My colleagues organized a darts tournament at around the same time I watched the CS231n lecture about reinforcement learning. Of course, this could only end in one way - in a small reinforcement learning toy example.
The Rules
The darts game which we consider starts at 301 points. A player has three attempts in each turn. Every attempt reduces the initial score at the beginning of a turn. A player finishes the game if they land on exactly 0 points with a double field (the inner bullseye counts as double field). For example, if a player has 12 points remaining, they need to score a double 6 to finish the game. If a player ends up with a negative score, or a score of 0, but without hitting a double field, or a score of 1, they go bust and revert to the score at the beginning of their turn. The image below (source) shows how many points every field is worth.
The Problem
As nice as it would have been to simulate a robot arm and have it use a model-free learning algorithm, I made up a toy model with transition probabilities and used value iteration to learn the optimal policy. The coding can be found in this github repo under the folder value_iteration
.
The board is modelled as an array which lists all fields starting from the top field in a clockwise manner. The fields are encoded as numbers from 0 to 81 (more about that later), whereas 82 completely misses the board. The scores associated to the field encodings can be obtained by accessing the SCORE
array with the encoding as index.
Similarly to Baird (2018), we define the Markov Decision Problem with
- A set of states \(\mathcal{S} = \{ (s_0, s_k, k ) \vert s_0, s_k \in \{0,\ldots,301\}, k \in \{0,1,2\}, s_0 \ge s_k \ge s_0 - 60k\}\)
Every state \(S_t \in \mathcal{S}\) encodes the score at the beginning of a turn \(t\) to which the player returns should they go bust, the score before the \(k\)-th attempt and the attempt number \(k\). States with \(s_0 = 0\) or \(s_k\) = 0 are terminal states.

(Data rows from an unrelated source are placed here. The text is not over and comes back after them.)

-- ===== src/Server/Ending.antt =====
-- What the close of a server's stream handler leaves.
use psrpc.Base.{
  ℕ, ◌≡◌, refl, sym, ap, ◌∙◌, true, List, [], ◌∷◌, ◌++◌, Option, none, some, Text, subst, list_beq,
  text_eq_iff, false, ◌||◌, nat_beq, All, Bool, Bool-cases, inl, inr, if◌then◌else◌, is_some, map,
  append_assoc, append-nil, arith, text_comparable,
}
use psrpc.Base.Assoc.{lookup, lookup-delete}
use psrpc.Errors.Values.{GoError}
use psrpc.Info.Channels.{RequestInfo}
use psrpc.Client.Select.Scores.{Floats}
use psrpc.Server.Streams.{
  StreamMessage, Around, StreamHandler, close_stream, end_stream, is_closed, forget_stream,
  close_streams, close_handler, handle_message, handle_body,
}

-- A map of streams: keys and streams are distinct.
abbrev pub IsStreamMap : List (Text × ℕ) → Type 0
IsStreamMap [] = Unit
IsStreamMap ((stream_id, ss) ∷ rest) =
    (lookup rest stream_id ≡ none) × All (λ e. nat_beq ss e.1 ≡ false) rest × IsStreamMap rest

module _ {D : Type 0} where
  -- The streams of a map that are not closed yet.
  unfoldable pub still_open : List (ℕ × Option (GoError D)) → List (Text × ℕ) → List (Text × ℕ)
  still_open closed [] = []
  still_open closed ((stream_id, ss) ∷ rest) =
      let others = still_open closed rest in
      if is_closed closed ss then others else (stream_id, ss) ∷ others

  -- What the map has once its streams were closed.
  abbrev pub only_closed : List (ℕ × Option (GoError D)) → Option ℕ → Option ℕ
  only_closed closed none = none
  only_closed closed (some ss) = if is_closed closed ss then some ss else none

  is_closed-snoc :
      (closed : List (ℕ × Option (GoError D))) (other ss : ℕ) (cause : Option (GoError D))
      → is_closed (closed ++ (other, cause) ∷ []) ss ≡ (is_closed closed ss || nat_beq other ss)
  unfolding is_closed
  is_closed-snoc [] other ss cause = ground arith
  is_closed-snoc (e ∷ closed) other ss cause = ground (arith, is_closed-snoc closed other ss cause)

  still_open-snoc :
      (closed : List (ℕ × Option (GoError D))) (other : ℕ) (cause : Option (GoError D))
      (rest : List (Text × ℕ))
      → All (λ e. nat_beq other e.1 ≡ false) rest
      → still_open (closed ++ (other, cause) ∷ []) rest ≡ still_open closed rest
  unfolding still_open
  still_open-snoc closed other cause [] a = refl
  still_open-snoc closed other cause ((stream_id, ss) ∷ rest) (n, a) =
      rw (is_closed-snoc closed other ss cause, n, still_open-snoc closed other cause rest a)
        (or_false (is_closed closed ss))
    where
      or_false :
          (b : Bool)
          → (if b || false
              then still_open closed rest
              else (stream_id, ss) ∷ still_open closed rest)
            ≡ (if b then still_open closed rest else (stream_id, ss) ∷ still_open closed rest)
      or_false true = refl
      or_false false = refl

  still_open-absent :
      (closed : List (ℕ × Option (GoError D))) (m : List (Text × ℕ)) (j : Text)
      → lookup m j ≡ none
      → lookup (still_open closed m) j ≡ none
  unfolding still_open lookup
  still_open-absent closed [] j h = refl
  still_open-absent closed ((stream_id, ss) ∷ rest) j h =
      ground (arith, h, still_open-absent closed rest j)

  lookup-still_open :
      (closed : List (ℕ × Option (GoError D))) (m : List (Text × ℕ)) (j : Text)
      → IsStreamMap m
      → (if is_some (lookup (still_open closed m) j) then none else lookup m j)
        ≡ only_closed closed (lookup m j)
  unfolding still_open lookup
  lookup-still_open closed [] j m = refl
  lookup-still_open closed ((stream_id, ss) ∷ rest) j (n, a, m) =
      elim (Bool-cases (list_beq stream_id j)) [
        | inl same ↦ elim (Bool-cases (is_closed closed ss)) [
          | inl y ↦
              rw
                (
                  same,
                  y,
                  still_open-absent closed rest j
                      (ap (lookup rest) (sym ((text_eq_iff stream_id j).0 same)) ∙ n),
                )
                refl
          | inr y ↦ rw (y, same) (rw y refl)
        ]
        | inr other ↦ elim (Bool-cases (is_closed closed ss)) [
          | inl y ↦ rw (other, y) (lookup-still_open closed rest j m)
          | inr y ↦ rw (y, other) (lookup-still_open closed rest j m)
        ]
      ]

module _ {F D : Type 0} where
  -- A handler whose streams `ended` were closed since `h`.
  abbrev EndsAs :
      StreamHandler F D → Option (GoError D) → List (Text × ℕ) → StreamHandler F D → Type 0
  EndsAs h cause ended u =
      (u.closed ≡ h.closed ++ map (λ e. (e.1, cause)) ended)
      × (u.draining ≡ h.draining)
      × ((j : Text)
          → lookup u.streams j ≡ (if is_some (lookup ended j) then none else lookup h.streams j))

  end_stream-EndsAs :
      (h u : StreamHandler F D) (stream_id : Text) (ss : ℕ) (cause : Option (GoError D))
      (ended : List (Text × ℕ))
      → EndsAs (end_stream h stream_id ss cause) cause ended u
      → EndsAs h cause ((stream_id, ss) ∷ ended) u
  unfolding end_stream forget_stream lookup
  end_stream-EndsAs h u stream_id ss cause ended (c, d, s) = (
    c ∙ append_assoc h.closed ((ss, cause) ∷ []) (map (λ e. (e.1, cause)) ended),
    d,
    λ j. s j ∙ ground (arith, lookup-delete h.streams stream_id j),
  )

  -- The loop over streams of the map.
  closed_streams :
      (h : StreamHandler F D) (rest : List (Text × ℕ)) (cause : Option (GoError D))
      → IsStreamMap rest
      → EndsAs h cause (still_open h.closed rest) (close_streams h rest cause)
  unfolding close_streams close_stream still_open
  closed_streams h [] cause m = unfold lookup in (sym (append-nil h.closed), refl, λ j. refl)
  closed_streams h ((stream_id, ss) ∷ rest) cause (n, a, m) =
      by_closed (is_closed h.closed ss) (closed_streams h rest cause m)
        (closed_streams (end_stream h stream_id ss cause) rest cause m)
    where
      by_closed :
          (b : Bool)
          → EndsAs h cause (still_open h.closed rest) (close_streams h rest cause)
          → EndsAs
              (end_stream h stream_id ss cause)
              cause
              (still_open (end_stream h stream_id ss cause).closed rest)
              (close_streams (end_stream h stream_id ss cause) rest cause)
          → EndsAs h cause
              (if b then still_open h.closed rest else (stream_id, ss) ∷ still_open h.closed rest)
              (close_streams (if b then h else end_stream h stream_id ss cause) rest cause)
      by_closed true k l = k
      by_closed false k l =
          end_stream-EndsAs h (close_streams (end_stream h stream_id ss cause) rest cause) stream_id
            ss cause (still_open h.closed rest)
            (subst
              (λ l.
                EndsAs (end_stream h stream_id ss cause) cause l
                  (close_streams (end_stream h stream_id ss cause) rest cause))
              (unfold end_stream forget_stream in still_open-snoc h.closed ss cause rest a) l)

  -- When a handler of streams is closed, whose map has distinct keys and streams, every stream in it
  -- that is not closed already is closed
  -- once with that error and leaves the map; one whose own close waits for what is pending keeps the
  -- cause that it has, and is left in the map. Opens that come later change nothing.
  pub close_ends_streams :
      (fl : Floats F) (one : F) (i : RequestInfo) (id : Text) (affinity_func : Option F)
      (out : Around D) (h : StreamHandler F D) (eof : GoError D)
      → IsStreamMap h.streams
      → let u = close_handler h eof in
        (u.closed ≡ h.closed ++ map (λ e. (e.1, some eof)) (still_open h.closed h.streams))
        × ((j : Text) → lookup u.streams j ≡ only_closed h.closed (lookup h.streams j))
        × ((is : StreamMessage) (node : Text) (ss : ℕ)
            → is.open_node ≡ some node
            → handle_message fl one i id affinity_func out u is ss ≡ (u, none))
  unfolding close_handler handle_message handle_body
  close_ends_streams fl one i id affinity_func out h eof m =
      let (c, d, s) = closed_streams (record h { draining = true }) h.streams (some eof) m in
      (
        c,
        λ j. s j ∙ lookup-still_open h.closed h.streams j m,
        λ is node ss o.
            ap (λ o. handle_body fl one i id affinity_func out o (close_handler h eof) is ss) o
            ∙ rw d refl,
      )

- A set of actions \(\mathcal{A} = \{0,\ldots,81\}\) with
- actions 0-19 encoding outer single fields
- actions 20-39 encoding inner single fields
- actions 40-59 encoding double fields
- actions 60-79 encoding treble fields
- action 80 encoding the outer bullseye
- action 81 encoding the bullseye
- For each new turn \(t\) a reward of \(-1\) is given. Otherwise, the reward is \(0\).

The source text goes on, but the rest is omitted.